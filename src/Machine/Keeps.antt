-- ===== src/Machine/Keeps.antt =====
-- Runs that raise no error and leave the control state alone: the safety buffer, the jump target, the
-- environment, and the error handler and object.
pub mod Cells
use quuz.Prelude.{ℕ, ◌≡◌, refl, ◌∙◌, Bool, true, false, List, inl, inr, if◌then◌else◌, Option-cases}
use quuz.Object.Tag.{Obj}
use quuz.Machine.Store.{State, Cell, Payload, pair}
use quuz.Machine.Outcome.{
  Outcome, ok, thrown, fault, out_of_fuel, M, and_then, pure, crash, gets, assert,
}
use quuz.Machine.Cell.{load, store, update_info, pair_at, release_memory}

pub record Control : Type 0 where
  pub safety_buffer : List Obj
  pub peval_fail : Bool
  pub env : Obj
  pub error_handler : Obj
  pub error_obj : Obj

abbrev pub control : State → Control
control st = record {
  safety_buffer = st.safety_buffer;
  peval_fail = st.peval_fail;
  env = st.env;
  error_handler = st.error_handler;
  error_obj = st.error_obj;
}

abbrev pub Kept : {A : Type 0} → State → Outcome A → Type 0
Kept st (ok a after) = control after ≡ control st
Kept st (thrown after) = ⊥
Kept st fault = Unit {0}
Kept st out_of_fuel = Unit {0}

pub record Keeps {A : Type 0} (m : M A) : Type 0 where
  pub kept : (st : State) → Kept st (m st)

weaken :
    {A : Type 0} (st st' : State) (o : Outcome A)
    → control st' ≡ control st
    → Kept st' o
    → Kept st o
weaken st st' (ok a after) e k = k ∙ e
weaken st st' (thrown after) e k = k
weaken st st' fault e k = tt
weaken st st' out_of_fuel e k = tt

Kept-and_then :
    {A B : Type 0} (st : State) (o : Outcome A) (k : A → M B)
    → Kept st o
    → ((a : A) → Keeps (k a))
    → Kept st (and_then o k)
Kept-and_then st (ok x after) k e b = weaken st after (k x after) e ((b x).kept after)
Kept-and_then st (thrown after) k e b = e
Kept-and_then st fault k e b = tt
Kept-and_then st out_of_fuel k e b = tt

pub Keeps-bind :
    {A B : Type 0} {m : M A} {k : A → M B}
    → Keeps m
    → ((a : A) → Keeps (k a))
    → Keeps (λ st. and_then (m st) k)
Keeps-bind {m = m} {k = k} a b = record { kept = λ st. Kept-and_then st (m st) k (a.kept st) b }

pub Keeps-then :
    {B : Type 0} {m : M (Unit {0})} {k : M B}
    → Keeps m
    → Keeps k
    → Keeps (λ st. and_then (m st) (λ u. k))
Keeps-then a b = Keeps-bind a (λ u. b)

pub Keeps-if : {A : Type 0} (b : Bool) {m n : M A} → Keeps m → Keeps n → Keeps (if b then m else n)
Keeps-if true a b = a
Keeps-if false a b = b

pub Keeps-pure : {A : Type 0} (a : A) → Keeps (pure a)
Keeps-pure a = record { kept = λ st. refl }

pub Keeps-crash : {A : Type 0} → Keeps {A = A} crash
Keeps-crash = record { kept = λ st. tt }

pub Keeps-fuel : {A : Type 0} → Keeps {A = A} (λ st. out_of_fuel)
Keeps-fuel = record { kept = λ st. tt }

pub Keeps-gets : {A : Type 0} (f : State → A) → Keeps (gets f)
Keeps-gets f = record { kept = λ st. refl }

Kept-assert : (b : Bool) (st : State) → Kept st (assert b st)
Kept-assert true st = refl
Kept-assert false st = tt

pub Keeps-assert : (b : Bool) → Keeps (assert b)
Keeps-assert b = record { kept = Kept-assert b }

pub Keeps-load : (p : ℕ) → Keeps (load p)
unfolding load
Keeps-load p = record {
  kept =
      λ st. elim (Option-cases (st.heap p)) [ inl e ↦ rw (load, e) tt | inr (c, e) ↦ rw (load, e) ];
}

pub Keeps-store : (p : ℕ) (c : Cell) → Keeps (store p c)
unfolding store
Keeps-store p c = record {
  kept = λ st. elim (Option-cases (st.heap p)) [
    | inl e ↦ rw (store, e) tt
    | inr (d, e) ↦ rw (store, e)
  ];
}

pub Keeps-release : (p : ℕ) → Keeps (release_memory p)
unfolding release_memory
Keeps-release p = record {
  kept = λ st. elim (Option-cases (st.heap p)) [
    | inl e ↦ rw (release_memory, e) tt
    | inr (d, e) ↦ rw (release_memory, e)
  ];
}

pub Keeps-update_info : (p : ℕ) (f : ℕ → ℕ) → Keeps (update_info p f)
unfolding update_info
Keeps-update_info p f = Keeps-bind (Keeps-load p) (λ c. Keeps-store p _)

pub Keeps-pair_at : (p : ℕ) → Keeps (pair_at p)
unfolding pair_at
Keeps-pair_at p = Keeps-bind (Keeps-load p) (λ c. of_payload c.value)
  where
    of_payload :
        (v : Payload) → Keeps {A = Obj × Obj} (elim v [ pair a b ↦ pure (a, b) | _ ↦ crash ])
    of_payload (pair a b) = Keeps-pure (a, b)
    of_payload _ = Keeps-crash
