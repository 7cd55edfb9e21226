-- ===== src/Collector/Control.antt =====
-- The collector raises no error and leaves the control state alone.
use quuz.Prelude.{
  refl, ℕ, zero, suc, ◌+◌, Option, none, some, List, [], ◌∷◌, ◌++◌, length, get_elem?, ltb, ◌==◌,
}
use quuz.Object.Tag.{Obj, to_cell}
use quuz.Machine.Store.{State, Payload, objs, table}
use quuz.Machine.Outcome.{M, pure, crash, skip}
use quuz.Machine.Keeps.{
  Kept, Keeps, Keeps-bind, Keeps-then, Keeps-if, Keeps-pure, Keeps-crash, Keeps-fuel, Keeps-gets,
  Keeps-assert, Keeps-load, Keeps-release, Keeps-update_info, Keeps-pair_at,
}
use quuz.Collector.{
  root_buffer_capacity, ChildFunc, pair_slots, call_if_valid_cell, vector_slots, hash_slots,
  each_slot, pair_children, array_children, all_children, free_cell, decr_and_mark_gray, mark_gray,
  mark_roots_loop, set_root_buffer, mark_roots, incr_and_scan_black, scan_black, scan, for_each,
  scan_roots, collect_white, collect_root, free_root, collect_roots, collect_with, collect,
  possible_root, increment, release_cell, decrement, ref, unref,
}

-- Every call of the function keeps the control state.
abbrev pub KeepsAll : ChildFunc → Type 0
KeepsAll func = (cell : ℕ) → Keeps (func cell)

Keeps-skip : Keeps skip
Keeps-skip = Keeps-pure tt

pub call_if_valid_cell-Keeps :
    (obj : Obj) (func : ChildFunc) → KeepsAll func → Keeps (call_if_valid_cell obj func)
unfolding call_if_valid_cell
call_if_valid_cell-Keeps obj func k = Keeps-if _ (k (to_cell obj)) Keeps-skip

vector_slots-Keeps : (cell : ℕ) → Keeps (vector_slots cell)
unfolding vector_slots
vector_slots-Keeps cell = Keeps-bind (Keeps-load cell) (λ c. of_payload c.value)
  where
    of_payload : (v : Payload) → Keeps {A = List Obj} (elim v [ objs _ xs ↦ pure xs | _ ↦ crash ])
    of_payload (objs c xs) = Keeps-pure xs
    of_payload _ = Keeps-crash

hash_slots-Keeps : (cell : ℕ) → Keeps (hash_slots cell)
unfolding hash_slots
hash_slots-Keeps cell = Keeps-bind (Keeps-load cell) (λ c. of_payload c.value)
  where
    of_payload :
        (v : Payload)
        → Keeps {A = List Obj} (elim v [ table _ ps ↦ pure (pair_slots ps) | _ ↦ crash ])
    of_payload (table c ps) = Keeps-pure (pair_slots ps)
    of_payload _ = Keeps-crash

module _ (func : ChildFunc) (k : KeepsAll func) where
  slot-Keeps :
      (o : Option Obj)
      → Keeps {A = Unit {0}} (elim o [ none ↦ crash | some obj ↦ call_if_valid_cell obj func ])
  slot-Keeps none = Keeps-crash
  slot-Keeps (some obj) = call_if_valid_cell-Keeps obj func k

  each_slot-Keeps :
      (slots : M (List Obj)) → Keeps slots → (n i : ℕ) → Keeps (each_slot slots func n i)
  unfolding each_slot
  each_slot-Keeps slots s zero i = Keeps-skip
  each_slot-Keeps slots s (suc n) i =
      Keeps-bind s
        (λ xs. Keeps-then (slot-Keeps (get_elem? xs i)) (each_slot-Keeps slots s n (i + 1)))

  array_children-Keeps : (slots : M (List Obj)) → Keeps slots → Keeps (array_children slots func)
  unfolding array_children
  array_children-Keeps slots s =
      Keeps-bind s
        (λ xs. Keeps-then (each_slot-Keeps slots s (length xs) 0) (Keeps-bind s (λ ys. Keeps-skip)))

  pair_children-Keeps : (cell : ℕ) → Keeps (pair_children cell func)
  unfolding pair_children
  pair_children-Keeps cell = Keeps-bind (Keeps-pair_at cell) (λ a.
      Keeps-then (call_if_valid_cell-Keeps a.0 func k)
        (Keeps-bind (Keeps-pair_at cell) (λ b. call_if_valid_cell-Keeps b.1 func k)))

  all_children-Keeps : (cell : ℕ) → Keeps (all_children cell func)
  unfolding all_children
  all_children-Keeps cell = Keeps-bind (Keeps-load cell) (λ c.
      Keeps-if _ (pair_children-Keeps cell) (
        Keeps-if _ (array_children-Keeps _ (vector_slots-Keeps cell))
          (Keeps-if _ (array_children-Keeps _ (hash_slots-Keeps cell)) Keeps-skip)))

free_cell-Keeps : (cell : ℕ) → Keeps (free_cell cell)
unfolding free_cell
free_cell-Keeps cell = Keeps-release cell

for_each-Keeps : (func : ChildFunc) → KeepsAll func → (cells : List ℕ) → Keeps (for_each func cells)
unfolding for_each
for_each-Keeps func k [] = Keeps-skip
for_each-Keeps func k (c ∷ cells) = Keeps-then (k c) (for_each-Keeps func k cells)

set_root_buffer-Keeps : (cells : List ℕ) → Keeps (set_root_buffer cells)
unfolding set_root_buffer
set_root_buffer-Keeps cells = record { kept = λ st. refl }

decr_and_mark_gray-Keeps : (mark : ChildFunc) → KeepsAll mark → KeepsAll (decr_and_mark_gray mark)
unfolding decr_and_mark_gray
decr_and_mark_gray-Keeps mark k cell =
    Keeps-bind (Keeps-load cell)
      (λ c. Keeps-then (Keeps-assert _) (Keeps-then (Keeps-update_info cell _) (k cell)))

mark_gray-Keeps : (n cell : ℕ) → Keeps (mark_gray n cell)
unfolding mark_gray
mark_gray-Keeps zero cell = Keeps-fuel
mark_gray-Keeps (suc n) cell = Keeps-bind (Keeps-load cell) (λ c. Keeps-if _ Keeps-skip (
    Keeps-then (Keeps-update_info cell _)
      (all_children-Keeps _ (decr_and_mark_gray-Keeps (mark_gray n) (mark_gray-Keeps n)) cell)))

mark_roots_loop-Keeps : (n : ℕ) (cells : List ℕ) → Keeps (mark_roots_loop n cells)
unfolding mark_roots_loop
mark_roots_loop-Keeps n [] = Keeps-pure []
mark_roots_loop-Keeps n (cell ∷ cells) = Keeps-bind (Keeps-load cell) (λ c.
    Keeps-bind
      (Keeps-if _ (Keeps-then (mark_gray-Keeps n cell) (Keeps-pure (cell ∷ []))) (
        Keeps-then (Keeps-update_info cell _)
          (Keeps-then (Keeps-if _ (free_cell-Keeps cell) Keeps-skip) (Keeps-pure []))))
      (λ keep. Keeps-bind (mark_roots_loop-Keeps n cells) (λ kept. Keeps-pure _)))

mark_roots-Keeps : (n : ℕ) → Keeps (mark_roots n)
unfolding mark_roots
mark_roots-Keeps n =
    Keeps-bind (Keeps-gets (λ (st : State). st.root_buffer))
      (λ cells. Keeps-bind (mark_roots_loop-Keeps n cells) (λ kept. set_root_buffer-Keeps kept))

incr_and_scan_black-Keeps :
    (black : ChildFunc) → KeepsAll black → KeepsAll (incr_and_scan_black black)
unfolding incr_and_scan_black
incr_and_scan_black-Keeps black k cell =
    Keeps-then (Keeps-update_info cell _)
      (Keeps-bind (Keeps-load cell) (λ c. Keeps-if _ Keeps-skip (k cell)))

scan_black-Keeps : (n cell : ℕ) → Keeps (scan_black n cell)
unfolding scan_black
scan_black-Keeps zero cell = Keeps-fuel
scan_black-Keeps (suc n) cell =
    Keeps-then (Keeps-update_info cell _)
      (all_children-Keeps _ (incr_and_scan_black-Keeps (scan_black n) (scan_black-Keeps n)) cell)

scan-Keeps : (n cell : ℕ) → Keeps (scan n cell)
unfolding scan
scan-Keeps zero cell = Keeps-fuel
scan-Keeps (suc n) cell = Keeps-bind (Keeps-load cell) (λ c.
    Keeps-if _
      (Keeps-if _ (scan_black-Keeps n cell)
        (Keeps-then (Keeps-update_info cell _) (all_children-Keeps (scan n) (scan-Keeps n) cell)))
      Keeps-skip)

collect_white-Keeps : (n cell : ℕ) → Keeps (collect_white n cell)
unfolding collect_white
collect_white-Keeps zero cell = Keeps-fuel
collect_white-Keeps (suc n) cell = Keeps-bind (Keeps-load cell) (λ c.
    Keeps-if _
      (Keeps-then (Keeps-update_info cell _) (
        Keeps-then (all_children-Keeps (collect_white n) (collect_white-Keeps n) cell)
          (free_cell-Keeps cell)))
      Keeps-skip)

collect_root-Keeps : (n : ℕ) → KeepsAll (collect_root n)
unfolding collect_root
collect_root-Keeps n cell = Keeps-then (Keeps-update_info cell _) (
    Keeps-bind (Keeps-load cell) (λ c.
      Keeps-if _
        (Keeps-then (Keeps-update_info cell _)
          (all_children-Keeps (collect_white n) (collect_white-Keeps n) cell))
        Keeps-skip))

free_root-Keeps : KeepsAll free_root
unfolding free_root
free_root-Keeps cell =
    Keeps-bind (Keeps-load cell) (λ c. Keeps-if _ (free_cell-Keeps cell) Keeps-skip)

collect_with-Keeps : (n : ℕ) → Keeps (collect_with n)
unfolding collect_with scan_roots collect_roots
collect_with-Keeps n = Keeps-then (mark_roots-Keeps n) (
    Keeps-then
      (Keeps-bind (Keeps-gets (λ (st : State). st.root_buffer))
        (λ cells. for_each-Keeps (scan n) (scan-Keeps n) cells))
      (Keeps-bind (Keeps-gets (λ (st : State). st.root_buffer)) (λ cells.
        Keeps-then (for_each-Keeps _ (collect_root-Keeps n) cells)
          (Keeps-then (for_each-Keeps _ free_root-Keeps cells) (set_root_buffer-Keeps [])))))

collect-Keeps : Keeps collect
unfolding collect
collect-Keeps = record { kept = λ st. (collect_with-Keeps st.brk).kept st }

possible_root-Keeps : KeepsAll possible_root
unfolding possible_root
possible_root-Keeps cell = Keeps-bind (Keeps-load cell) (λ c. Keeps-if _ Keeps-skip (
    Keeps-then (Keeps-update_info cell _) (
      Keeps-if _
        (Keeps-then (Keeps-update_info cell _) (
          Keeps-bind (Keeps-gets (λ (st : State). st.root_buffer)) (λ cells.
            Keeps-then (Keeps-assert (ltb (length cells) root_buffer_capacity)) (
              Keeps-then (set_root_buffer-Keeps (cells ++ cell ∷ []))
                (Keeps-if (length cells + 1 == root_buffer_capacity) collect-Keeps Keeps-skip)))))
        Keeps-skip)))

release_cell-Keeps : (decr : ChildFunc) → KeepsAll decr → KeepsAll (release_cell decr)
unfolding release_cell
release_cell-Keeps decr k cell = Keeps-then (all_children-Keeps decr k cell) (
    Keeps-then (Keeps-update_info cell _)
      (Keeps-bind (Keeps-load cell) (λ c. Keeps-if _ (free_cell-Keeps cell) Keeps-skip)))

decrement-Keeps : (n cell : ℕ) → Keeps (decrement n cell)
unfolding decrement
decrement-Keeps zero cell = Keeps-fuel
decrement-Keeps (suc n) cell = Keeps-bind (Keeps-load cell) (λ c. Keeps-then (Keeps-assert _) (
    Keeps-then (Keeps-update_info cell _) (
      Keeps-if _ (release_cell-Keeps (decrement n) (decrement-Keeps n) cell)
        (possible_root-Keeps cell))))

increment-Keeps : KeepsAll increment
unfolding increment
increment-Keeps cell = Keeps-then (Keeps-update_info cell _) (Keeps-update_info cell _)

pub ref-Keeps : (obj : Obj) → Keeps (ref obj)
unfolding ref
ref-Keeps obj = Keeps-then (call_if_valid_cell-Keeps obj increment increment-Keeps) (Keeps-pure obj)

-- qz_unref of any object in any state, with all that it sets off (the release of children, the
-- buffering of roots and a collection of cycles), raises no error, and if it returns it leaves the
-- safety buffer, the jump target, the environment, the error handler and the error object alone.
pub unref-Keeps : (obj : Obj) (st : State) → Kept st (unref obj st)
unfolding unref
unref-Keeps obj st =
    (call_if_valid_cell-Keeps obj (decrement st.brk) (decrement-Keeps st.brk)).kept st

*What the task asks*
Among the entries above, which lines include "jump"? List them all.

*Exercise response*
-- Runs that raise no error and leave the control state alone: the safety buffer, the jump target, the
-- safety buffer, the jump target, the environment, the error handler and the error object alone.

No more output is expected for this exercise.